··· Provided data

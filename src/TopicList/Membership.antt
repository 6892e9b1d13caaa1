-- ===== src/TopicList/Membership.antt =====
-- Which topics have a tab: what `subscribe` and `unsubscribe` do to them, for tabs without repeats.
use trithemius_p2p.Base.{
  stuck, ok-injective, err, ◌>>=◌, ℕ, zero, suc, ◌-◌, ◌<◌, ◌≡◌, ◌≢◌, ◌⊎◌, refl, sym, ◌∙◌, ap, Text,
  text_eq, ◌==◌, ==_iff, Bool, true, false, ◌||◌, Option, some, none, List, [], ◌∷◌, ◌++◌, arith,
  length, get_elem?, contains, position, is_empty, inl, inr, ok, Bool-cases, Option-cases,
  if◌then◌else◌, eqb, >>=-eq-ok,
}
use mathlib.Core.Option.{some-injective}
use native.Mathlib.Decide.{ℕ_discrete}
use trithemius_p2p.Subscriptions.{SubscriptionError}
use trithemius_p2p.TopicList.{SubscriptionList, subscribe, unsubscribe, swap_remove, reindex}
use trithemius_p2p.TopicList.SwapRemove.{length-swap_remove, get_elem?-swap_remove, position-some}
use trithemius_p2p.TopicList.Select.{tabs}
use trithemius_p2p.TopicList.Remove.{unsubscribe_missing, unsubscribe_found}

abbrev pub IsAt : List Text → ℕ → Text → Type 0
IsAt list i topic = get_elem? list i ≡ some topic

-- No topic has two tabs.
abbrev pub IsDistinct : List Text → Type 0
IsDistinct list = (i j : ℕ) (topic : Text) → IsAt list i topic → IsAt list j topic → i ≡ j

get_elem?-bound : (list : List Text) (i : ℕ) {topic : Text} → IsAt list i topic → i < length list
get_elem?-bound [] i h = cc
get_elem?-bound (x ∷ list) zero h = omega arith
get_elem?-bound (x ∷ list) (suc i) h = let k = get_elem?-bound list i h in omega arith

contains-IsAt :
    (list : List Text) (topic : Text) → contains list topic ≡ true → (i : ℕ) × IsAt list i topic
contains-IsAt [] topic h = cc
contains-IsAt (x ∷ list) topic h = elim (text_eq.dec topic x) [
  | yes e ↦ (0, ap some (sym e))
  | no n ↦ (let (i, k) = contains-IsAt list topic (ground arith) in (suc i, k))
]

pub IsAt-contains :
    (list : List Text) (i : ℕ) {topic : Text} → IsAt list i topic → contains list topic ≡ true
IsAt-contains [] i h = cc
IsAt-contains (x ∷ list) zero {topic} h =
    let e : topic ≡ x = cc in ground (arith, (==_iff topic x).1 e)
IsAt-contains (x ∷ list) (suc i) h = let k = IsAt-contains list i h in ground arith

pub contains-append :
    (xs ys : List Text) (topic : Text)
    → contains (xs ++ ys) topic ≡ (contains xs topic || contains ys topic)
contains-append [] ys topic = refl
contains-append (x ∷ xs) ys topic = ground (arith, contains-append xs ys topic)

IsAt-append :
    (xs : List Text) (y : Text) (i : ℕ) {topic : Text}
    → IsAt (xs ++ y ∷ []) i topic
    → IsAt xs i topic ⊎ ((i ≡ length xs) × (topic ≡ y))
IsAt-append [] y zero h = inr (refl, cc)
IsAt-append [] y (suc i) h = cc
IsAt-append (x ∷ xs) y zero h = inl h
IsAt-append (x ∷ xs) y (suc i) h = elim (IsAt-append xs y i h) [
  | inl k ↦ inl k
  | inr (e, f) ↦ inr (ap suc e, f)
]

-- A tab for a topic that has none keeps the tabs without repeats.
pub subscribe-IsDistinct :
    (s : SubscriptionList) (topic : Text)
    → IsDistinct s.list
    → contains s.list topic ≡ false
    → IsDistinct (subscribe s topic).list
unfolding subscribe
subscribe-IsDistinct s topic d new i j t hi hj = elim (IsAt-append s.list topic i hi) [
  | inl a ↦ elim (IsAt-append s.list topic j hj) [
    | inl b ↦ d i j t a b
    | inr (_, f) ↦ cc (IsAt-contains s.list i a)
  ]
  | inr (e, g) ↦ elim (IsAt-append s.list topic j hj) [
    | inl b ↦ cc (IsAt-contains s.list j b)
    | inr (f, _) ↦ e ∙ sym f
  ]
]

pub contains-subscribe :
    (s : SubscriptionList) (topic other : Text)
    → contains (subscribe s topic).list other ≡ (contains s.list other || other == topic)
unfolding subscribe
contains-subscribe s topic other = contains-append s.list (topic ∷ []) other ∙ ground arith

module _ (list : List Text) (index : ℕ) {topic : Text} (d : IsDistinct list)
    (here : IsAt list index topic) where
  bound : index < length list
  bound = get_elem?-bound list index here

  IsAt-rest :
      (j : ℕ) {other : Text}
      → IsAt (swap_remove list index) j other
      → IsAt list (if eqb j index then length list - 1 else j) other × (j < length list - 1)
  IsAt-rest j h =
      let l = length-swap_remove list index bound in
      let k : j < length list - 1 =
        (let b = get_elem?-bound (swap_remove list index) j h in omega arith) in
      (ground (arith, get_elem?-swap_remove list index j bound k), k)

  at_last :
      (j : ℕ) {other : Text}
      → j ≡ length list - 1
      → IsAt list j other
      → get_elem? list (length list - 1) ≡ some other
  at_last j e h = rw e at h

  to_rest :
      (j : ℕ) {other : Text}
      → IsAt list j other
      → j ≢ index
      → contains (swap_remove list index) other ≡ true
  to_rest j {other} h n =
      let b : j < length list = get_elem?-bound list j h in
      let i : index < length list = bound in
      elim (ℕ_discrete j (length list - 1)) [
        | yes last ↦ IsAt-contains (swap_remove list index) index (
            ground
              (arith, get_elem?-swap_remove list index index bound (omega arith), at_last j last h))
        | no inner ↦
            IsAt-contains (swap_remove list index) j
              (ground (arith, get_elem?-swap_remove list index j bound (omega arith)))
      ]

  -- After the removal at a tab's index, all the others have a tab still, and it has none.
  pub contains-swap_remove :
      (other : Text)
      → contains (swap_remove list index) other
        ≡ (if other == topic then false else contains list other)
  contains-swap_remove other = elim (Bool-cases (contains (swap_remove list index) other)) [
    | inl yes_rest ↦
        let (j, h) = contains-IsAt (swap_remove list index) other yes_rest in
        let (k, b) = IsAt-rest j h in
        let old = IsAt-contains list _ k in
        elim (text_eq.dec other topic) [
          | yes same ↦ absurd (moved j b (d _ index other k (rw same here)))
          | no differ ↦ ground arith
        ]
    | inr no_rest ↦ elim (text_eq.dec other topic) [
      | yes same ↦ ground arith
      | no differ ↦ elim (Bool-cases (contains list other)) [
        | inl old ↦
            let (j, h) = contains-IsAt list other old in
            elim (ℕ_discrete j index) [
              | yes e ↦ absurd (differ (some-injective _ _ (sym (rw e at h) ∙ here)))
              | no n ↦ cc (to_rest j h n)
            ]
        | inr new ↦ ground arith
      ]
    ]
  ]
    where
      moved : (j : ℕ) → j < length list - 1 → (if eqb j index then length list - 1 else j) ≢ index
      moved j b = ground arith

  pub swap_remove-IsDistinct : IsDistinct (swap_remove list index)
  swap_remove-IsDistinct i j t hi hj =
      let (ki, bi) = IsAt-rest i hi in
      let (kj, bj) = IsAt-rest j hj in let e = d _ _ t ki kj in ground arith

-- A removal that succeeds is one from the list by `swap_remove` at the topic's index.
pub unsubscribe-list :
    (s : SubscriptionList) (topic : Text) {s' : SubscriptionList}
    → unsubscribe s topic ≡ ok s'
    → (index : ℕ) × IsAt s.list index topic × (s'.list ≡ swap_remove s.list index)
unsubscribe-list s topic {s'} h = elim (Option-cases (position (λ t. t == topic) s.list)) [
  | inl missing ↦ cc (unsubscribe_missing s topic missing)
  | inr (index, found) ↦
      let (t, at, same) = position-some (λ t. t == topic) s.list index found in
      let (c, _, done) =
        >>=-eq-ok (reindex (is_empty (swap_remove s.list index)) s.current_index index)
          (λ c. ok (tabs (swap_remove s.list index) c))
          (sym (unsubscribe_found s.list s.current_index topic found) ∙ h) in
      (index, at ∙ ap some ((==_iff t topic).0 same), ap (λ u. u.list) (sym (ok-injective done)))
]

removed_ends :
    (b : Bool) (c : Option ℕ) (index : ℕ) (list : List Text)
    → (reindex b c index >>= λ d. ok (tabs list d)) ≢ stuck
removed_ends true c index list e = cc
removed_ends false none index list e = cc
removed_ends false (some current) index list e = ground arith

-- A removal always comes to an end.
pub unsubscribe_ends : (s : SubscriptionList) (topic : Text) → unsubscribe s topic ≢ stuck
unfolding unsubscribe
unsubscribe_ends s topic h = elim (Option-cases (position (λ t. t == topic) s.list)) [
  | inl missing ↦ cc (rw (missing, unsubscribe) at h)
  | inr (index, found) ↦
      removed_ends (is_empty (swap_remove s.list index)) s.current_index index
        (swap_remove s.list index) (sym (unsubscribe_found s.list s.current_index topic found) ∙ h)
]

-- A topic that has a tab is not refused.
pub unsubscribe_known :
    (s : SubscriptionList) (topic : Text) {x : SubscriptionError}
    → contains s.list topic ≡ true
    → unsubscribe s topic ≢ err x
unsubscribe_known s topic {x} h e = elim (Option-cases (position (λ t. t == topic) s.list)) [
  | inl missing ↦ position-known s.list topic h missing
  | inr (index, found) ↦
      reindexed (is_empty (swap_remove s.list index)) s.current_index index
        (swap_remove s.list index) (sym (unsubscribe_found s.list s.current_index topic found) ∙ e)
]
  where
    position-known :
        (list : List Text) (topic : Text)
        → contains list topic ≡ true
        → position (λ t. t == topic) list ≢ none
    position-known [] topic h e = cc
    position-known (y ∷ list) topic h e = ground (arith, position-known list topic)

    reindexed :
        (b : Bool) (c : Option ℕ) (index : ℕ) (list : List Text)
        → (reindex b c index >>= λ d. ok (tabs list d)) ≢ err x
    reindexed true c index list e = cc
    reindexed false none index list e = cc
    reindexed false (some current) index list e = ground arith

······

Check each line above for "stuck" and state how many match, answering with only the number.

Answer to the exercise: 3